---------- Given records

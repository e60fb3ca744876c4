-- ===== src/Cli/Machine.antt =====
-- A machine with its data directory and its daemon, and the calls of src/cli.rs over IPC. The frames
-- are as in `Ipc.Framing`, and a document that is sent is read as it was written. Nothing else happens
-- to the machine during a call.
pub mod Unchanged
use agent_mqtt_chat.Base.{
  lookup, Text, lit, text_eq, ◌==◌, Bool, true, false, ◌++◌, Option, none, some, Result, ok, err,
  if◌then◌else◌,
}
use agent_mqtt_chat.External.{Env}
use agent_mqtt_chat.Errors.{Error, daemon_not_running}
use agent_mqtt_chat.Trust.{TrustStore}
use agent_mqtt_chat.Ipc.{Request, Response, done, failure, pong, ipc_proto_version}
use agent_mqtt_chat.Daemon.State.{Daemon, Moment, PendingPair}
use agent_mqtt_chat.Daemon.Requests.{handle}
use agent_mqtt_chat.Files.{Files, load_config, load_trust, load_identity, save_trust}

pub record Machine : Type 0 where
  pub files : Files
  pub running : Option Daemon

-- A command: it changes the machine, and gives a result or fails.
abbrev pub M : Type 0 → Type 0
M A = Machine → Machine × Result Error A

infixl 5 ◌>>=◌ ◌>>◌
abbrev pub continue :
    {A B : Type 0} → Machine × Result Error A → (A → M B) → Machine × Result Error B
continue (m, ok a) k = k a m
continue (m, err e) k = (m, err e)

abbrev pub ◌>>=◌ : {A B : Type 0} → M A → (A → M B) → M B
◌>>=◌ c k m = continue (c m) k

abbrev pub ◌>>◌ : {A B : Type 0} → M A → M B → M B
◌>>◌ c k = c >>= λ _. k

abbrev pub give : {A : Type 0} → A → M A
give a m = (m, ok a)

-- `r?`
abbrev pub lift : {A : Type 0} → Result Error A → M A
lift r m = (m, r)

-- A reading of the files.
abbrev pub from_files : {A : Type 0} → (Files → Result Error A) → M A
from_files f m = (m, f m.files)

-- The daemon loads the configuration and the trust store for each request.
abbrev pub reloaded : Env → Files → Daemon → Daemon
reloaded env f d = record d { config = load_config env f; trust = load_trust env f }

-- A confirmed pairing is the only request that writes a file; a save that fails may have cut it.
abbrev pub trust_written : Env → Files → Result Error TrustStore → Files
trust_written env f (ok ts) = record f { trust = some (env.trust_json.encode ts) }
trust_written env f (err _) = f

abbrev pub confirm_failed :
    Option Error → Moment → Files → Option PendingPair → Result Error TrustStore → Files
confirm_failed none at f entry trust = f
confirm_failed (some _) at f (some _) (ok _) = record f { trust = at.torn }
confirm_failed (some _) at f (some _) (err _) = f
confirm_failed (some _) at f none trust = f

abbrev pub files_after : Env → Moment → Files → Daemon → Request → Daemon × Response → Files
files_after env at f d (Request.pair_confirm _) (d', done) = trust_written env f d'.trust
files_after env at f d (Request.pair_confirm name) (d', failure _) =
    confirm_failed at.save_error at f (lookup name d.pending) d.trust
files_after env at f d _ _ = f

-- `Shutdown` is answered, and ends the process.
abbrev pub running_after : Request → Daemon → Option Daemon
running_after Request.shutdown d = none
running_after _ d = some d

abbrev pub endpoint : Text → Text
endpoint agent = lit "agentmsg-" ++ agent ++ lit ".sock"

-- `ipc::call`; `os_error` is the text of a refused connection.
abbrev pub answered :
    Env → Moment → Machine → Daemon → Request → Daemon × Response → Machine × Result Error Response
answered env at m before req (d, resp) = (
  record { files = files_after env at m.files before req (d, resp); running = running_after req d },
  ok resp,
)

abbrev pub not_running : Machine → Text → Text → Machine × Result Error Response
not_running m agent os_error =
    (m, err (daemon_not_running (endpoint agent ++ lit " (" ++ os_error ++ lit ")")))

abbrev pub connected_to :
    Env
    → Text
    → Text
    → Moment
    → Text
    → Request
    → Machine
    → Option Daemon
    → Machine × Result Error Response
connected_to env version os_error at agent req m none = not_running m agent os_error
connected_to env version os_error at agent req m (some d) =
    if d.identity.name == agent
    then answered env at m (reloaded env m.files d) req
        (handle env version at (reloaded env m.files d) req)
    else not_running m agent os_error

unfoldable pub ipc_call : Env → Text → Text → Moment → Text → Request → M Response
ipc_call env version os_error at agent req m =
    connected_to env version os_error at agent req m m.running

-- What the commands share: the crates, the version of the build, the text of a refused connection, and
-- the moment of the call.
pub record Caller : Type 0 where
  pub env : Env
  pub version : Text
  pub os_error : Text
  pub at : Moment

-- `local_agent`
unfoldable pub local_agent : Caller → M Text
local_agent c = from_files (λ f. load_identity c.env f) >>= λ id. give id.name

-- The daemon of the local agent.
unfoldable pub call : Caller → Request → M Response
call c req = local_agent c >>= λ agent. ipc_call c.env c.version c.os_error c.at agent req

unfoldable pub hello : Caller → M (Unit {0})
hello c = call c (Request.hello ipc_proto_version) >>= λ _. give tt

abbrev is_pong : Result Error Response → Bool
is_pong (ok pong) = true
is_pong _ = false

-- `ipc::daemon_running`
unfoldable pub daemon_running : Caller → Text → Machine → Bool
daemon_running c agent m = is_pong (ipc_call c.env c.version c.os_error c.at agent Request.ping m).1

--------------------
---------- Given records

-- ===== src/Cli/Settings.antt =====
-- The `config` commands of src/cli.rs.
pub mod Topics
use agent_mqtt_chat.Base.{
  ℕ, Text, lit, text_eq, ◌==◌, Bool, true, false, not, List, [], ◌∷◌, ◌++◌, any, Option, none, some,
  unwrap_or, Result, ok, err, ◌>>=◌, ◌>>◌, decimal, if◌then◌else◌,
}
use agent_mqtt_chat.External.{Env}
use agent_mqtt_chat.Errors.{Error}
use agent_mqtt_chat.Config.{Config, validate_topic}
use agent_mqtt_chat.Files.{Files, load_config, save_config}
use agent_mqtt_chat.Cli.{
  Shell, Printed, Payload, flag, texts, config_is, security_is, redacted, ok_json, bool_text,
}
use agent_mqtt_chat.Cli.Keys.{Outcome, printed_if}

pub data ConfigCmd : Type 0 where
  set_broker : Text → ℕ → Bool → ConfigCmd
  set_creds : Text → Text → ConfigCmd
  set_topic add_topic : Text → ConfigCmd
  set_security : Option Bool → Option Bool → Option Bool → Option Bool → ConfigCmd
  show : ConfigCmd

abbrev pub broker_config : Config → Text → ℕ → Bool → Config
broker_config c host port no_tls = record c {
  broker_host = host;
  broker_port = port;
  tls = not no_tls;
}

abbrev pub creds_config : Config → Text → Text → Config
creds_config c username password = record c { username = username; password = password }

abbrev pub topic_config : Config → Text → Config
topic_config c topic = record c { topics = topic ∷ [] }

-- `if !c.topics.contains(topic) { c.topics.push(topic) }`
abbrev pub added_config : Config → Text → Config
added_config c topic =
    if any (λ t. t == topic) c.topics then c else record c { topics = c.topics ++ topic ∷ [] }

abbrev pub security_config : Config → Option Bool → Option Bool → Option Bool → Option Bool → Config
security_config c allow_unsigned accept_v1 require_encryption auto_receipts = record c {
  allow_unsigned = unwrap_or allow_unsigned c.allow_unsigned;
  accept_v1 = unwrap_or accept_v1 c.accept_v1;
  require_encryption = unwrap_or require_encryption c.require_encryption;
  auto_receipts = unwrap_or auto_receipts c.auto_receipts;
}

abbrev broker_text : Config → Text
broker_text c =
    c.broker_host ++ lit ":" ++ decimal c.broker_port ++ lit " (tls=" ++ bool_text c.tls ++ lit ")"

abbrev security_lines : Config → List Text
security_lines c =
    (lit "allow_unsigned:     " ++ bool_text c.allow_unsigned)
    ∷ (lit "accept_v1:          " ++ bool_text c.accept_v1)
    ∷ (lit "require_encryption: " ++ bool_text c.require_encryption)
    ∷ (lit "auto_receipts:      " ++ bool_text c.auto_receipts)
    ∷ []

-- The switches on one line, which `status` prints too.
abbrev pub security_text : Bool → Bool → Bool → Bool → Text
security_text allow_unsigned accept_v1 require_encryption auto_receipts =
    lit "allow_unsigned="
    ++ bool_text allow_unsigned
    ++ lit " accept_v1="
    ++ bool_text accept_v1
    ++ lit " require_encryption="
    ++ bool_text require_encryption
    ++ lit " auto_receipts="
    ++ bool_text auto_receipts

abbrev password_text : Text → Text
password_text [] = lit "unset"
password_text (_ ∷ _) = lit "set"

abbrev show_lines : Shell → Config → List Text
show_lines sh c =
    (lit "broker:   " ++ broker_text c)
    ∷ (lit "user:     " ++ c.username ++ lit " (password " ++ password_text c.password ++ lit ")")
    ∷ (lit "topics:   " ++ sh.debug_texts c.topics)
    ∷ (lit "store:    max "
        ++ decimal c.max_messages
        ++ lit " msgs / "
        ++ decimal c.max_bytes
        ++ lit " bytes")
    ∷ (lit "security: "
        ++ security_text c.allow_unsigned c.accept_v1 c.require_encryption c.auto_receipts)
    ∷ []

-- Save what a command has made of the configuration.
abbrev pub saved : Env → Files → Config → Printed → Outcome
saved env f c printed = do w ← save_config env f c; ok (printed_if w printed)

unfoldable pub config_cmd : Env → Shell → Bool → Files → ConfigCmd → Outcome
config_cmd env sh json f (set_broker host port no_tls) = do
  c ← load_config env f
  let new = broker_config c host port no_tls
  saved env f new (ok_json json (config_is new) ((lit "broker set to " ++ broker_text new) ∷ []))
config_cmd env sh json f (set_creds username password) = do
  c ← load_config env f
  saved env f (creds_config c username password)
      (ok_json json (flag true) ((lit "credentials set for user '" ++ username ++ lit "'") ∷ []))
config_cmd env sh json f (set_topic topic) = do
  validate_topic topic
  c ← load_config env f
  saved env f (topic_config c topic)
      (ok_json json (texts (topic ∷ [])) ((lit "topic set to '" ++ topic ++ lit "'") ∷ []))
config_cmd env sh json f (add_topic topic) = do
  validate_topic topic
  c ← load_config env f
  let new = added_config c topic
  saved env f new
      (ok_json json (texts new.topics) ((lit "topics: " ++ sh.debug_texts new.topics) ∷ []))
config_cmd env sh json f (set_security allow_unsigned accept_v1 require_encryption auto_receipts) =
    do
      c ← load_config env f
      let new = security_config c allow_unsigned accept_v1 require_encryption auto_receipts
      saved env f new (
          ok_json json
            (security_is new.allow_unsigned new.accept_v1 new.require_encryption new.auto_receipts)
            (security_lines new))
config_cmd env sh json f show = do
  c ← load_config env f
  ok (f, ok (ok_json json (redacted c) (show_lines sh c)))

--------------------
---------- Given records

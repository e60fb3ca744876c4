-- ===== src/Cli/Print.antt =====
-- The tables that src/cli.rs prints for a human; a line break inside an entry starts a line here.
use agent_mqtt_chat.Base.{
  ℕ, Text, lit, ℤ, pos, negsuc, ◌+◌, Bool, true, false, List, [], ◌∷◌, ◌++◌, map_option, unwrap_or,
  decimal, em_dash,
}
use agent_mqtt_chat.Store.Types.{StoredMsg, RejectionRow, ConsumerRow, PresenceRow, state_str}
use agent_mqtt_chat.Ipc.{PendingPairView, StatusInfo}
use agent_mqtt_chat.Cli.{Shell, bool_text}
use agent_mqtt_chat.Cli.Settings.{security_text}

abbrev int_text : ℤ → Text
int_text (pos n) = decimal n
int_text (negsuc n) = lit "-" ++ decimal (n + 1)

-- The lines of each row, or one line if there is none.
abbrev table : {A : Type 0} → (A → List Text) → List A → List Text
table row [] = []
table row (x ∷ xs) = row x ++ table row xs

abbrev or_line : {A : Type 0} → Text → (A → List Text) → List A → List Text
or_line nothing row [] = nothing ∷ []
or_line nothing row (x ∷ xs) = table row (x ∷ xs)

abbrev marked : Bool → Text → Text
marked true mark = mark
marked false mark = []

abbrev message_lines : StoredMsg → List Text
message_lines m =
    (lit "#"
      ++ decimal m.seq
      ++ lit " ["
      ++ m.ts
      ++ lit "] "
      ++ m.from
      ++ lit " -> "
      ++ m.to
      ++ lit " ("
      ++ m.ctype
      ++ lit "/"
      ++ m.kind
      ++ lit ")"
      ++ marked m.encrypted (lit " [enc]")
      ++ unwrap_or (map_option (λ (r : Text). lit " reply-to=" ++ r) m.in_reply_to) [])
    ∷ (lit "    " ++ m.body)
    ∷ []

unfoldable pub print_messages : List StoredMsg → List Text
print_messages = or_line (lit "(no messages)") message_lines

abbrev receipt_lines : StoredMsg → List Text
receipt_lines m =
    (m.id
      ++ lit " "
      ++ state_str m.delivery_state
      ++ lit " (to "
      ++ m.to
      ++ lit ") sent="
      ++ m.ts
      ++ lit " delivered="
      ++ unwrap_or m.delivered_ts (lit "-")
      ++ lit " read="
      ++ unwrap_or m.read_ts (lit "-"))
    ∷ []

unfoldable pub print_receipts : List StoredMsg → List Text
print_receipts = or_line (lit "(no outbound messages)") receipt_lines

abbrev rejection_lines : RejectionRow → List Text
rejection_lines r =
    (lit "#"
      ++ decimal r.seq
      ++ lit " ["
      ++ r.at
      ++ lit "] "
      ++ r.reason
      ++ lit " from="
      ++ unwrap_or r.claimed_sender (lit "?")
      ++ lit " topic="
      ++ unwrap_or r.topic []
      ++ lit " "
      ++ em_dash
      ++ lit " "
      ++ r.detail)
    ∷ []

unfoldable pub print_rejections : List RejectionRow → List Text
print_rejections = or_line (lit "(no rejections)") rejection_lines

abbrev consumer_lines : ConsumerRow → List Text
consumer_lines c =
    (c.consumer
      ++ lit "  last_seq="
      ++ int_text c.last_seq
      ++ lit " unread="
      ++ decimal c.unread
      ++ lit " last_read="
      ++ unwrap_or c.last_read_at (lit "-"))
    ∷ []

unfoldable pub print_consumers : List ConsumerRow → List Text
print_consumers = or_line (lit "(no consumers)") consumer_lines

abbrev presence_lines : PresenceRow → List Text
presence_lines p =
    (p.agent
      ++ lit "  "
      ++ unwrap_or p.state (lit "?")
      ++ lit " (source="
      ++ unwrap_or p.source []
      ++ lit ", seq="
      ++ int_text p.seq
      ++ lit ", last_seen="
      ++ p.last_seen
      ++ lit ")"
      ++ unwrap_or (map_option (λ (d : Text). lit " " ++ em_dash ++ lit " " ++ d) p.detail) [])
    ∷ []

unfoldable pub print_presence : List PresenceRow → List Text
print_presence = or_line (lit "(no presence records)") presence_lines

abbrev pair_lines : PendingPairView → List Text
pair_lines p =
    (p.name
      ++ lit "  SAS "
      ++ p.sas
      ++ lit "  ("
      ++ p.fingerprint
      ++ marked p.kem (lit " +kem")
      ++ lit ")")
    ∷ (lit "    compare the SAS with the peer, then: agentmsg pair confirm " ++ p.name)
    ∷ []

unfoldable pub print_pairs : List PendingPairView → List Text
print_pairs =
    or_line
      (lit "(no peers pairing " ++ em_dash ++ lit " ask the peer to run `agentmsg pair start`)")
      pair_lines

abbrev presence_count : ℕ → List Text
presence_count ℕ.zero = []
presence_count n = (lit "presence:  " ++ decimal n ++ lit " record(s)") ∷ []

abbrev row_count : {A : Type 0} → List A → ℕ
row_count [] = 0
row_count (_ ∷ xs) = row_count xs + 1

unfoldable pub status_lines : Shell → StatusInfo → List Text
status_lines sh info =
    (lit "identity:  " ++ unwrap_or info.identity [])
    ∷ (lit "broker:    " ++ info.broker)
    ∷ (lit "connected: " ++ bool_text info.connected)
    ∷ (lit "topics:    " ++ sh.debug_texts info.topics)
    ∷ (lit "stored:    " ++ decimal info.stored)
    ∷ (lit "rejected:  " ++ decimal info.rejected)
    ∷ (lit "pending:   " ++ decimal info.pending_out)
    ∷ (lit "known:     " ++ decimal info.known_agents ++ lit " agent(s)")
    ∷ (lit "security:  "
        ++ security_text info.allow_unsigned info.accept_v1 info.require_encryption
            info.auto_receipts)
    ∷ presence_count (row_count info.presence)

--------------------

Exercise aim – All lines in the data above from the one with "files_after env at f d (Request.pair_confirm name)" through the one with "ends the process." must be repeated exactly, and no others.

Written solution –
files_after env at f d (Request.pair_confirm name) (d', failure _) =
    confirm_failed at.save_error at f (lookup name d.pending) d.trust
files_after env at f d _ _ = f

-- `Shutdown` is answered, and ends the process.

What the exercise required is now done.